ADV_INT.3 Minimisation of complexity
Application notes
This component requires that the reference monitor property "simple enough to be analysed" is fully addressed. When this component is combined with the functional requirements FPT_RVM.1 and FPT_SEP.3, the reference monitor concept would be fully realised.
Dependencies:
ADV_IMP.2 Implementation of the TSF
ADV_LLD.1 Descriptive low-level design
Developer action elements:
ADV_INT.3.1D The developer shall design and structure the TSF in a modular fashion that avoids unnecessary interactions between the modules of the design.
ADV_INT.3.2D The developer shall provide an architectural description.
ADV_INT.3.3D The developer shall design and structure the TSF in a layered fashion that minimises mutual interactions between the layers of the design.
ADV_INT.3.4D The developer shall design and structure the TSF in such a way that minimises the complexity of the entire TSF.
ADV_INT.3.5D The developer shall design and structure the portions of the TSF that enforce any access control and/or information flow control policies such that they are simple enough to be analysed.
ADV_INT.3.6D The developer shall ensure that functions whose objectives are not relevant for the TSF are excluded from the TSF modules.
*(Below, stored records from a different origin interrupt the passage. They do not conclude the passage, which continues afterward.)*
-- ===== src/Tls/Waiters.antt =====
-- src/tls/receive/waiters.rs: the connections that wait for a receive slot or for a send slot. The
-- queue is lanes::Fifo of o3, two queues over the slots of the connections, in which a slot waits
-- at most once. A credit is claimed when its connection is registered, and is then retried or
-- cancelled.
pub mod Credits
pub mod Waits
pub mod Fated
pub mod Turns
pub mod Woken
use tls.Base.{
  ℕ, suc, Bool, true, false, not, Option, none, some, Result, ok, err, List, [], ◌∷◌, ◌++◌, is_nil,
}

-- waiters::Resource.
pub data Resource : Type 0 where
  recv handshake_egress : Resource

-- What the queue takes from the crates: credits with their connection and its slot, and the
-- entry::Error of a slot that waits or does not exist.
pub record Lanes : Type 1 where
  pub Held : Type 0
  pub Target : Type 0
  pub EntryError : Type 0
  pub Fifo : Type 0
  pub id : Held → Target
  pub slot : Target → ℕ
  pub same_id : Target → Target → Bool
  -- `vacant` and `insert`, `pop_front`, whether a lane is empty, `remove_if`, and the rollback of an
  -- insertion, by which the last entry of a lane leaves it again.
  pub insert : Resource → Fifo → ℕ → Held → Result EntryError Fifo
  pub pop_front : Resource → Fifo → Option (Held × Fifo)
  pub is_empty : Resource → Fifo → Bool
  pub remove_if : Fifo → ℕ → (Held → Bool) → Option (Held × Fifo)
  pub rollback : Resource → Fifo → Option (Held × Fifo)

-- What becomes of a credit.
pub data Fate (H : Type 0) : Type 0 where
  claimed retried taken cancelled : H → Fate H

module _ ⦃l : Lanes⦄ where
  open l use {
    Held, Target, EntryError, Fifo, id, slot, same_id, insert, pop_front, is_empty, remove_if,
    rollback,
  }

  -- The queue, and what has become of the credits, latest first.
  pub record Queue : Type 0 where
    pub waiters : Fifo
    pub fates : List (Fate Held)

  -- Queue::register. The credit is claimed only once its slot is found vacant.
  pub register : Queue → Resource → Held → Result EntryError Queue
  register q kind credit = elim (insert kind q.waiters (slot (id credit)) credit) [
    | err cause ↦ err cause
    | ok waiters ↦ ok (record { waiters = waiters; fates = claimed credit ∷ q.fates })
  ]

  -- Queue::take.
  pub take_waiter : Queue → Resource → Option (Held × Queue)
  take_waiter q kind = elim (pop_front kind q.waiters) [
    | none ↦ none
    | some (guard, waiters) ↦ some (guard, record q { waiters = waiters })
  ]

  -- Queue::wake.
  pub wake : Queue → Resource → Queue
  unfolding take_waiter
  wake q kind = elim (take_waiter q kind) [
    | none ↦ q
    | some (guard, q') ↦ record q' { fates = retried guard ∷ q'.fates }
  ]

  -- Queue::has_waiters.
  unfoldable pub has_waiters : Queue → Resource → Bool
  has_waiters q kind = not (is_empty kind q.waiters)

  -- Queue::cancel.
  pub cancel : Queue → Target → Queue
  cancel q target = elim (remove_if q.waiters (slot target) (λ guard. same_id (id guard) target)) [
    | none ↦ q
    | some (guard, waiters) ↦ record { waiters = waiters; fates = cancelled guard ∷ q.fates }
  ]

  -- Dropping a Registration that was not committed.
  pub drop_registration : Queue → Resource → Queue
  drop_registration q kind = elim (rollback kind q.waiters) [
    | none ↦ q
    | some (guard, waiters) ↦ record { waiters = waiters; fates = cancelled guard ∷ q.fates }
  ]

  -- The calls of the queue, in any order. A registration that is committed is left as it is.
  pub data QueueCall : Type 0 where
    registers : Resource → Held → QueueCall
    takes wakes drops : Resource → QueueCall
    cancels : Target → QueueCall

  pub call : Queue → QueueCall → Queue
  call q (registers kind credit) = elim (register q kind credit) [ err _ ↦ q | ok q' ↦ q' ]
  call q (takes kind) = elim (take_waiter q kind) [
    | none ↦ q
    | some (guard, q') ↦ record q' { fates = taken guard ∷ q'.fates }
  ]
  call q (wakes kind) = wake q kind
  call q (drops kind) = drop_registration q kind
  call q (cancels target) = cancel q target

  pub calls : Queue → List QueueCall → Queue
  calls q [] = q
  calls q (c ∷ cs) = calls (call q c) cs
Content and presentation of evidence elements:
ADV_INT.3.1C The architectural description shall identify the modules of the TSF and shall specify which portions of the TSF enforce the access control and/or information flow control policies.
ADV_INT.3.2C The architectural description shall describe the purpose, interface, parameters, and side-effects of each module of the TSF.
ADV_INT.3.3C The architectural description shall describe how the TSF design provides for largely independent modules that avoid unnecessary interactions.
ADV_INT.3.4C The architectural description shall describe the layering architecture.
ADV_INT.3.5C The architectural description shall show that mutual interactions have been minimised, and justify those that remain.
ADV_INT.3.6C The architectural description shall describe how the entire TSF has been structured to minimise complexity.
ADV_INT.3.7C The architectural description shall justify the inclusion of any non-TSP-enforcing modules in the TSF.
Evaluator action elements:
ADV_INT.3.1E The evaluator shall confirm that the information provided meets all requirements for content and presentation of evidence.
ADV_INT.3.2E The evaluator shall determine that both the low-level design and the implementation representation are in compliance with the architectural description.
ADV_INT.3.3E The evaluator shall confirm that the portions of the TSF that enforce any access control and/or information flow control policies are simple enough to be analysed.